• [Records]:
►

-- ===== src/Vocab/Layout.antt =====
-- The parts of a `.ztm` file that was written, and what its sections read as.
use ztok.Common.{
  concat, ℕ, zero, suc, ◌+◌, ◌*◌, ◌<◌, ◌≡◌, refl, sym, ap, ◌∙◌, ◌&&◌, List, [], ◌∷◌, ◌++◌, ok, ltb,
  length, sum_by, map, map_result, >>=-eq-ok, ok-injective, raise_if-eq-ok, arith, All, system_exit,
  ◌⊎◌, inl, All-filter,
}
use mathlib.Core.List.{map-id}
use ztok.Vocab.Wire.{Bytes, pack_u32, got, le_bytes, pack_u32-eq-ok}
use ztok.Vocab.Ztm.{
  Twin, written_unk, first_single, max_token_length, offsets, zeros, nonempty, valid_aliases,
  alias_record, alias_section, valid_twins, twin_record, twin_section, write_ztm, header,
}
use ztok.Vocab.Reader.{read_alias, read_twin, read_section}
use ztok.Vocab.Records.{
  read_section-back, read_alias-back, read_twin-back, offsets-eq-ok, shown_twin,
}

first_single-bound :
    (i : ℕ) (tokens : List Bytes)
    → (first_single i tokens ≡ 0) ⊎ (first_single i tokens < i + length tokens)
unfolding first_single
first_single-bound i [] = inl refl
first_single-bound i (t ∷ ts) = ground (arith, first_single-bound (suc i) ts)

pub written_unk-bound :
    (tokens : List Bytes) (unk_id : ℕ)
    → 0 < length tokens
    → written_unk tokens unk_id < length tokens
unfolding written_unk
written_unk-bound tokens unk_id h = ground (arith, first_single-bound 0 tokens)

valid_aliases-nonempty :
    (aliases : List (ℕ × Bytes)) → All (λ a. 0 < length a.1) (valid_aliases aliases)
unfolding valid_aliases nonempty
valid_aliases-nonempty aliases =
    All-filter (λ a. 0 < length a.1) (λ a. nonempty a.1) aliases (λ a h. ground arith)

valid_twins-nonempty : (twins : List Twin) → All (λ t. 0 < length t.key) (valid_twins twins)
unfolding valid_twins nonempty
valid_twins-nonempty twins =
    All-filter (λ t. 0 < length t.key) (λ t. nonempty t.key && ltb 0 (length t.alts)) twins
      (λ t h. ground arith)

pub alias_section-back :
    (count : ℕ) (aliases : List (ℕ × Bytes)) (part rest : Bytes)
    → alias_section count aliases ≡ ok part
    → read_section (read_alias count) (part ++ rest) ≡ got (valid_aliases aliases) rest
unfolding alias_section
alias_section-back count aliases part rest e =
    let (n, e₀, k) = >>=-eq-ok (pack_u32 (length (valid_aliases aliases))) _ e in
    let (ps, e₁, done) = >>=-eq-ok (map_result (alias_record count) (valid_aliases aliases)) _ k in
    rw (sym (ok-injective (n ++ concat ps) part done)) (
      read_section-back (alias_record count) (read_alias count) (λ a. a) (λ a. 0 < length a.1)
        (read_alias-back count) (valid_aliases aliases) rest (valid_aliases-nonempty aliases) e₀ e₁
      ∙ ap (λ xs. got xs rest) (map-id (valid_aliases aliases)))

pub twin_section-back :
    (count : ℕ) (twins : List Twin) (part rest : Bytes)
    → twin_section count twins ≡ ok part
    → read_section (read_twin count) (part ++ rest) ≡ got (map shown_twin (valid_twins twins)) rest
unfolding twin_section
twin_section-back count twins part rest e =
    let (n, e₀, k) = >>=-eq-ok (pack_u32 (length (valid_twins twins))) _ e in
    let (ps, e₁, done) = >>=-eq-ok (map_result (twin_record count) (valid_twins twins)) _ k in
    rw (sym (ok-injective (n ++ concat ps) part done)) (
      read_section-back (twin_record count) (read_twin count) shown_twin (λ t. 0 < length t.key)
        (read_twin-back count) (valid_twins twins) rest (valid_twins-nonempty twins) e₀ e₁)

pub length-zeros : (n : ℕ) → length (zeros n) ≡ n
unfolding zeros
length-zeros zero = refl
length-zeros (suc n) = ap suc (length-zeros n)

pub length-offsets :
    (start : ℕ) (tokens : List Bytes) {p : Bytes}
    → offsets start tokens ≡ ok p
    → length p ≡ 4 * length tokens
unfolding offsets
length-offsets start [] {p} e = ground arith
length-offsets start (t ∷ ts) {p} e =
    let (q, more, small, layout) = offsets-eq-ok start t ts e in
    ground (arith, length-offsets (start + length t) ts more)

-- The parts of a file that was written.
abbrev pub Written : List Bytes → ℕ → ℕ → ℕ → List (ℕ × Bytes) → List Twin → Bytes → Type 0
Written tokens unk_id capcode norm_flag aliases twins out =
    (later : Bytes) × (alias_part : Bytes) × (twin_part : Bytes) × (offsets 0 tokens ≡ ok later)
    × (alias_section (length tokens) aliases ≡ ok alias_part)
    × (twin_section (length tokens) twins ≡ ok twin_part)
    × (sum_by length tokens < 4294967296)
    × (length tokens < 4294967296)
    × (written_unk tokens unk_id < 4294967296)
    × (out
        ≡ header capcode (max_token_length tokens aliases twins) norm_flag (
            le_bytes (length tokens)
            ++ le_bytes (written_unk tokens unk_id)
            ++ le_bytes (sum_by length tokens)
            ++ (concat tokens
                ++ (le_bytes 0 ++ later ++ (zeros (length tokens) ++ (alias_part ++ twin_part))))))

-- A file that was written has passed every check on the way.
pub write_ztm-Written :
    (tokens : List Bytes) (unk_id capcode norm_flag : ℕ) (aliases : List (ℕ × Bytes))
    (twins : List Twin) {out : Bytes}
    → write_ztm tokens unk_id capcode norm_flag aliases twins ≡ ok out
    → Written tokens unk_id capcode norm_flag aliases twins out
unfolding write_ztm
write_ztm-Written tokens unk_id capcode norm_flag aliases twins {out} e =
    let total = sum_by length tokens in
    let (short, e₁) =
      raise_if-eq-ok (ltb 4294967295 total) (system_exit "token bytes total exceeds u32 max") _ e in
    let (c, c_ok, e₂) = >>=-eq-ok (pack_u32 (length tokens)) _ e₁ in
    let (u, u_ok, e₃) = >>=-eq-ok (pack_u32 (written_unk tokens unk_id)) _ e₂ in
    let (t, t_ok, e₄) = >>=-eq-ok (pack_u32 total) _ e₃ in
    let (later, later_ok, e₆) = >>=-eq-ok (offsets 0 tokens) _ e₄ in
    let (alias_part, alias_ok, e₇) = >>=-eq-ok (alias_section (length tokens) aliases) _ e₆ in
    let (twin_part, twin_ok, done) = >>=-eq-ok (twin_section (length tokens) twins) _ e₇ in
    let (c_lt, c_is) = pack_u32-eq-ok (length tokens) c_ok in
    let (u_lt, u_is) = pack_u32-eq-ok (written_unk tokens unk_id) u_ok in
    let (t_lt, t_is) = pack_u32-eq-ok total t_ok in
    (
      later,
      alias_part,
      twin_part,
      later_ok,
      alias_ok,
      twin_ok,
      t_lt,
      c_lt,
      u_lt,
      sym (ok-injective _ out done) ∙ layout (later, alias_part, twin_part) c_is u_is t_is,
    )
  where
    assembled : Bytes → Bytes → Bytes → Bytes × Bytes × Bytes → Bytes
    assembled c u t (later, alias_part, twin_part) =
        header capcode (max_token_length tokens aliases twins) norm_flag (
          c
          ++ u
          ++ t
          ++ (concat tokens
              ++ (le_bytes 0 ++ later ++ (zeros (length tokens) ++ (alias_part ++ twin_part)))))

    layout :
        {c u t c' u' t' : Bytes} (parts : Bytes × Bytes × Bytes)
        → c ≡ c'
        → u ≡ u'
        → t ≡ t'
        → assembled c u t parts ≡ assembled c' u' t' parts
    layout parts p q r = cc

◄

• [Aim of the exercise]: Restate the data above in full, word for word.

• [Response box]:
-- ===== src/Vocab/Layout.antt =====
-- The parts of a `.ztm` file that was written, and what its sections read as.
use ztok.Common.{
  concat, ℕ, zero, suc, ◌+◌, ◌*◌, ◌<◌, ◌≡◌, refl, sym, ap, ◌∙◌, ◌&&◌, List, [], ◌∷◌, ◌++◌, ok, ltb,
  length, sum_by, map, map_result, >>=-eq-ok, ok-injective, raise_if-eq-ok, arith, All, system_exit,
  ◌⊎◌, inl, All-filter,
}
use mathlib.Core.List.{map-id}
use ztok.Vocab.Wire.{Bytes, pack_u32, got, le_bytes, pack_u32-eq-ok}
use ztok.Vocab.Ztm.{
  Twin, written_unk, first_single, max_token_length, offsets, zeros, nonempty, valid_aliases,
  alias_record, alias_section, valid_twins, twin_record, twin_section, write_ztm, header,
}
use ztok.Vocab.Reader.{read_alias, read_twin, read_section}
use ztok.Vocab.Records.{
  read_section-back, read_alias-back, read_twin-back, offsets-eq-ok, shown_twin,
}

first_single-bound :
    (i : ℕ) (tokens : List Bytes)
    → (first_single i tokens ≡ 0) ⊎ (first_single i tokens < i + length tokens)
unfolding first_single
first_single-bound i [] = inl refl
first_single-bound i (t ∷ ts) = ground (arith, first_single-bound (suc i) ts)

pub written_unk-bound :
    (tokens : List Bytes) (unk_id : ℕ)
    → 0 < length tokens
    → written_unk tokens unk_id < length tokens
unfolding written_unk
written_unk-bound tokens unk_id h = ground (arith, first_single-bound 0 tokens)

valid_aliases-nonempty :
    (aliases : List (ℕ × Bytes)) → All (λ a. 0 < length a.1) (valid_aliases aliases)
unfolding valid_aliases nonempty
valid_aliases-nonempty aliases =
    All-filter (λ a. 0 < length a.1) (λ a. nonempty a.1) aliases (λ a h. ground arith)

valid_twins-nonempty : (twins : List Twin) → All (λ t. 0 < length t.key) (valid_twins twins)
unfolding valid_twins nonempty
valid_twins-nonempty twins =
    All-filter (λ t. 0 < length t.key) (λ t. nonempty t.key && ltb 0 (length t.alts)) twins
      (λ t h. ground arith)

pub alias_section-back :
    (count : ℕ) (aliases : List (ℕ × Bytes)) (part rest : Bytes)
    → alias_section count aliases ≡ ok part
    → read_section (read_alias count) (part ++ rest) ≡ got (valid_aliases aliases) rest
unfolding alias_section
alias_section-back count aliases part rest e =
    let (n, e₀, k) = >>=-eq-ok (pack_u32 (length (valid_aliases aliases))) _ e in
    let (ps, e₁, done) = >>=-eq-ok (map_result (alias_record count) (valid_aliases aliases)) _ k in
    rw (sym (ok-injective (n ++ concat ps) part done)) (
      read_section-back (alias_record count) (read_alias count) (λ a. a) (λ a. 0 < length a.1)
        (read_alias-back count) (valid_aliases aliases) rest (valid_aliases-nonempty aliases) e₀ e₁
      ∙ ap (λ xs. got xs rest) (map-id (valid_aliases aliases)))

pub twin_section-back :
    (count : ℕ) (twins : List Twin) (part rest : Bytes)
    → twin_section count twins ≡ ok part
    → read_section (read_twin count) (part ++ rest) ≡ got (map shown_twin (valid_twins twins)) rest
unfolding twin_section
twin_section-back count twins part rest e =
    let (n, e₀, k) = >>=-eq-ok (pack_u32 (length (valid_twins twins))) _ e in
    let (ps, e₁, done) = >>=-eq-ok (map_result (twin_record count) (valid_twins twins)) _ k in
    rw (sym (ok-injective (n ++ concat ps) part done)) (
      read_section-back (twin_record count) (read_twin count) shown_twin (λ t. 0 < length t.key)
        (read_twin-back count) (valid_twins twins) rest (valid_twins-nonempty twins) e₀ e₁)

pub length-zeros : (n : ℕ) → length (zeros n) ≡ n
unfolding zeros
length-zeros zero = refl
length-zeros (suc n) = ap suc (length-zeros n)

pub length-offsets :
    (start : ℕ) (tokens : List Bytes) {p : Bytes}
    → offsets start tokens ≡ ok p
    → length p ≡ 4 * length tokens
unfolding offsets
length-offsets start [] {p} e = ground arith
length-offsets start (t ∷ ts) {p} e =
    let (q, more, small, layout) = offsets-eq-ok start t ts e in
    ground (arith, length-offsets (start + length t) ts more)

-- The parts of a file that was written.
abbrev pub Written : List Bytes → ℕ → ℕ → ℕ → List (ℕ × Bytes) → List Twin → Bytes → Type 0
Written tokens unk_id capcode norm_flag aliases twins out =
    (later : Bytes) × (alias_part : Bytes) × (twin_part : Bytes) × (offsets 0 tokens ≡ ok later)
    × (alias_section (length tokens) aliases ≡ ok alias_part)
    × (twin_section (length tokens) twins ≡ ok twin_part)
    × (sum_by length tokens < 4294967296)
    × (length tokens < 4294967296)
    × (written_unk tokens unk_id < 4294967296)
    × (out
        ≡ header capcode (max_token_length tokens aliases twins) norm_flag (
            le_bytes (length tokens)
            ++ le_bytes (written_unk tokens unk_id)
            ++ le_bytes (sum_by length tokens)
            ++ (concat tokens
                ++ (le_bytes 0 ++ later ++ (zeros (length tokens) ++ (alias_part ++ twin_part))))))

-- A file that was written has passed every check on the way.
pub write_ztm-Written :
    (tokens : List Bytes) (unk_id capcode norm_flag : ℕ) (aliases : List (ℕ × Bytes))
    (twins : List Twin) {out : Bytes}
    → write_ztm tokens unk_id capcode norm_flag aliases twins ≡ ok out
    → Written tokens unk_id capcode norm_flag aliases twins out
unfolding write_ztm
write_ztm-Written tokens unk_id capcode norm_flag aliases twins {out} e =
    let total = sum_by length tokens in
    let (short, e₁) =
      raise_if-eq-ok (ltb 4294967295 total) (system_exit "token bytes total exceeds u32 max") _ e in
    let (c, c_ok, e₂) = >>=-eq-ok (pack_u32 (length tokens)) _ e₁ in
    let (u, u_ok, e₃) = >>=-eq-ok (pack_u32 (written_unk tokens unk_id)) _ e₂ in
    let (t, t_ok, e₄) = >>=-eq-ok (pack_u32 total) _ e₃ in
    let (later, later_ok, e₆) = >>=-eq-ok (offsets 0 tokens) _ e₄ in
    let (alias_part, alias_ok, e₇) = >>=-eq-ok (alias_section (length tokens) aliases) _ e₆ in
    let (twin_part, twin_ok, done) = >>=-eq-ok (twin_section (length tokens) twins) _ e₇ in
    let (c_lt, c_is) = pack_u32-eq-ok (length tokens) c_ok in
    let (u_lt, u_is) = pack_u32-eq-ok (written_unk tokens unk_id) u_ok in
    let (t_lt, t_is) = pack_u32-eq-ok total t_ok in
    (
      later,
      alias_part,
      twin_part,
      later_ok,
      alias_ok,
      twin_ok,
      t_lt,
      c_lt,
      u_lt,
      sym (ok-injective _ out done) ∙ layout (later, alias_part, twin_part) c_is u_is t_is,
    )
  where
    assembled : Bytes → Bytes → Bytes → Bytes × Bytes × Bytes → Bytes
    assembled c u t (later, alias_part, twin_part) =
        header capcode (max_token_length tokens aliases twins) norm_flag (
          c
          ++ u
          ++ t
          ++ (concat tokens
              ++ (le_bytes 0 ++ later ++ (zeros (length tokens) ++ (alias_part ++ twin_part)))))

    layout :
        {c u t c' u' t' : Bytes} (parts : Bytes × Bytes × Bytes)
        → c ≡ c'
        → u ≡ u'
        → t ≡ t'
        → assembled c u t parts ≡ assembled c' u' t' parts
    layout parts p q r = cc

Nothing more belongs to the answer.